Es besteht für mich daher kein Anlass, im Wege der Fachaufsicht behaupteten vermeintlich ungerechtfertigten Einstellungsentscheidungen im Einzelfall nachzugehen. Ein Zusammenhang mit der im Antrag ebenso wie im Alternativantrag unterstellten mangelnden Sensibilität der Staatsanwaltschaften für dieses Kriminalitätsphänomen zeigt sich offenbar auch nicht. Dies hat die Generalstaatsanwaltschaft im Gespräch mit den IHK auch betont. 

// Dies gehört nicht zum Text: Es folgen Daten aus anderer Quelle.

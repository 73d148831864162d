-- ===== src/Zktrie/Sparse/Tree.antt =====
-- The abstract trie: a binary tree of nodes with their hashes, without a database. A path is
-- consumed from its front.
pub mod Reads
pub mod Removal
use linea_sgx_prover.Prelude.{
  ℕ, zero, suc, Option, none, some, List, [], ◌∷◌, ◌++◌, ◌==◌, if◌then◌else◌, length,
}
use linea_sgx_prover.Prelude.Results.{Result, ok, err, panic, ◌>>=◌}
use linea_sgx_prover.Bytes.{Bytes, bytes_eq}
use linea_sgx_prover.EthTypes.{Sh256}
use linea_sgx_prover.Zktrie.Types.{
  Env, NodeValue, branch, leaf, empty_leaf, next_free, Node, Error, reached_max_level,
  path_not_allow,
}
use linea_sgx_prover.Zktrie.Path.{prefix_len}
use linea_sgx_prover.Zktrie.Node.{branch_node, leaf_node}

-- A tip is a leaf, an empty leaf or a next-free leaf. A fork has the hash of its node.
pub data Tree : Type 0 where
  tip : Node → Tree
  fork : Sh256 → Tree → Tree → Tree

abbrev pub tree_hash : Tree → Sh256
tree_hash (tip n) = n.hash
tree_hash (fork h l r) = h

abbrev pub node_of : Tree → Node
node_of (tip n) = n
node_of (fork h l r) = record {
  raw = branch (record { left = tree_hash l; right = tree_hash r });
  hash = h;
}

abbrev pub IsTip : NodeValue → Type 0
IsTip (branch _) = ⊥
IsTip _ = Unit

-- What a lookup finds at a tip.
unfoldable pub read_tip : NodeValue → Node → Bytes → Result Error (Option Node)
read_tip (branch _) n rest = panic
read_tip empty_leaf n rest = ok none
read_tip (leaf l) n rest = ok (if bytes_eq l.path rest then some n else none)
read_tip (next_free l) n rest = if bytes_eq l.path rest then ok (some n) else panic

-- A lookup.
unfoldable pub tree_get : ℕ → Bytes → Tree → Result Error (Option Node)
tree_get zero rest t = err reached_max_level
tree_get (suc k) rest (tip n) = read_tip n.raw n rest
tree_get (suc k) [] (fork h l r) = panic
tree_get (suc k) (b ∷ rest) (fork h l r) = tree_get k rest (if b == 0 then l else r)

module _ (env : Env) where
  unfoldable pub new_tip : Bytes → Bytes → Result Error Tree
  new_tip rest v = do n ← leaf_node env rest v; ok (tip n)

  unfoldable pub put_tip : NodeValue → Bytes → Bytes → Result Error Tree
  put_tip (branch _) rest v = panic
  put_tip empty_leaf rest v = new_tip rest v
  put_tip (leaf l) rest v =
      if prefix_len l.path rest == length l.path then new_tip rest v else err path_not_allow
  put_tip (next_free l) rest v =
      if prefix_len l.path rest == length l.path then new_tip rest v else panic

  unfoldable pub new_fork : Tree → Tree → Result Error Tree
  new_fork l r = do n ← branch_node env (tree_hash l) (tree_hash r); ok (fork n.hash l r)

  -- An update of one path.
  unfoldable pub tree_put : ℕ → Bytes → Bytes → Tree → Result Error Tree
  tree_put zero rest v t = err reached_max_level
  tree_put (suc k) rest v (tip n) = put_tip n.raw rest v
  tree_put (suc k) [] v (fork h l r) = panic
  tree_put (suc k) (b ∷ rest) v (fork h l r) =
      let below_left = tree_put k rest v l in
      let below_right = tree_put k rest v r in
      if b == 0
      then (do l' ← below_left; new_fork l' r)
      else if b == 1
      then (do r' ← below_right; new_fork l r')
      else panic

-- The nodes on a path, in the order in which an update writes them: the tip first.
unfoldable pub path_nodes : Bytes → Tree → List Node
path_nodes rest (tip n) = n ∷ []
path_nodes [] (fork h l r) = []
path_nodes (b ∷ rest) (fork h l r) =
    path_nodes rest (if b == 0 then l else r) ++ node_of (fork h l r) ∷ []
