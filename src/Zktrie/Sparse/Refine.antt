-- ===== src/Zktrie/Sparse/Refine.antt =====
-- The trie in a database (src/common/zktrie/src/sparse_merkle_trie.rs) against the abstract tree.
pub mod Calls
pub mod Update
pub mod Fresh
pub mod Partial
pub mod Removal
use linea_sgx_prover.Prelude.{
  ℕ, zero, suc, ◌≤◌, none, some, [], ◌∷◌, ◌≡◌, inl, inr, refl, arith, ◌==◌, if◌then◌else◌, length,
  Bool-cases, get_elem?, drop,
}
use linea_sgx_prover.Prelude.Results.{ok}
use linea_sgx_prover.Bytes.{Bytes}
use linea_sgx_prover.Zktrie.Types.{NodeValue, branch, leaf, empty_leaf, next_free, Node}
use linea_sgx_prover.Zktrie.Database.{Database}
use linea_sgx_prover.Zktrie.Sparse.{get_from, get_node}
use linea_sgx_prover.Zktrie.Sparse.Tree.{
  Tree, tip, fork, tree_hash, node_of, IsTip, read_tip, tree_get,
}

pub IsAt-step :
    (path : Bytes) (i b : ℕ) (rest : Bytes)
    → drop i path ≡ b ∷ rest
    → (get_elem? path i ≡ some b) × (drop (suc i) path ≡ rest) × (suc i ≤ length path)
IsAt-step [] zero b rest h = absurd (ground arith)
IsAt-step [] (suc i) b rest h = absurd (ground arith)
IsAt-step (x ∷ path) zero b rest h = (cc, cc, omega arith)
IsAt-step (x ∷ path) (suc i) b rest h =
    let (at, next, room) = IsAt-step path i b rest h in (at, next, omega arith)

pub IsAt-end : (path : Bytes) (i : ℕ) → drop i path ≡ [] → get_elem? path i ≡ none
IsAt-end [] i h = refl
IsAt-end (x ∷ path) zero h = absurd (ground arith)
IsAt-end (x ∷ path) (suc i) h = IsAt-end path i h

module _ {D : Type 0} (db : Database D) where
  -- The database holds the nodes of the tree on one path. Elsewhere it may hold none.
  unfoldable pub Held : D → Bytes → Tree → Type 0
  Held s rest (tip n) = (db.get_node s n.hash ≡ ok (some n)) × IsTip n.raw
  Held s [] (fork h l r) = (db.get_node s h ≡ ok (some (node_of (fork h l r)))) × Unit {0}
  Held s (b ∷ rest) (fork h l r) =
      (db.get_node s h ≡ ok (some (node_of (fork h l r)))) × Held s rest (if b == 0 then l else r)

  get_from-tip :
      (raw : NodeValue) (k i : ℕ) (n : Node) (path rest : Bytes) (s : D)
      → db.get_node s n.hash ≡ ok (some n)
      → n.raw ≡ raw
      → IsTip raw
      → drop i path ≡ rest
      → i ≤ length path
      → get_from db (suc k) i n.hash path s ≡ read_tip raw n rest
  unfolding get_from read_tip
  get_from-tip (branch b) k i n path rest s found e is_tip at room = absurd is_tip
  get_from-tip empty_leaf k i n path rest s found e is_tip at room = rw (found, e)
  get_from-tip (leaf l) k i n path rest s found e is_tip at room = rw (found, e) (ground arith)
  get_from-tip (next_free l) k i n path rest s found e is_tip at room = rw (found, e) (ground arith)

  -- Where the database holds the path, the loop of `get_node` reads what the tree says.
  pub get_from-tree_get :
      (k i : ℕ) (path rest : Bytes) (t : Tree) (s : D)
      → Held s rest t
      → drop i path ≡ rest
      → i ≤ length path
      → get_from db k i (tree_hash t) path s ≡ tree_get k rest t
  unfolding get_from tree_get Held
  get_from-tree_get zero i path rest t s st at room = refl
  get_from-tree_get (suc k) i path rest (tip n) s st at room =
      get_from-tip n.raw k i n path rest s st.0 refl st.1 at room
  get_from-tree_get (suc k) i path [] (fork h l r) s st at room = rw (st.0, IsAt-end path i at)
  get_from-tree_get (suc k) i path (b ∷ rest) (fork h l r) s st at room =
      let (here, next, room') = IsAt-step path i b rest at in
      rw (st.0, here)
        (elim (Bool-cases (b == 0)) [
          | inl left ↦
              rw left (get_from-tree_get k (suc i) path rest l s (rw left at st.1) next room')
          | inr right ↦
              rw right (get_from-tree_get k (suc i) path rest r s (rw right at st.1) next room')
        ])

Vor diesem Hintergrund sehe ich keinen Anlass, die Staatsanwaltschaften anzuhalten, jeden einzelnen Ladendiebstahl ohne Geringfügigkeitsgrenze bis zur gerichtlichen Entscheidung zu verfolgen und damit die Möglichkeiten auszuschließen, die der Bundesgesetzgeber eben für eine anderweitige Erledigung in hierfür geeigneten Fällen gerade ausdrücklich vorgesehen hat. Dies gilt auch und gerade im Bereich des Jugendstrafrechts, wo die sorgfältige Auswahl der zur Einwirkung auf die Täterpersönlichkeit erforderlichen Sanktionen besonders wichtig erscheint und sich jeder schablonenhaften Bewertung von vornherein entzieht. - Ich danke für Ihre Aufmerksamkeit.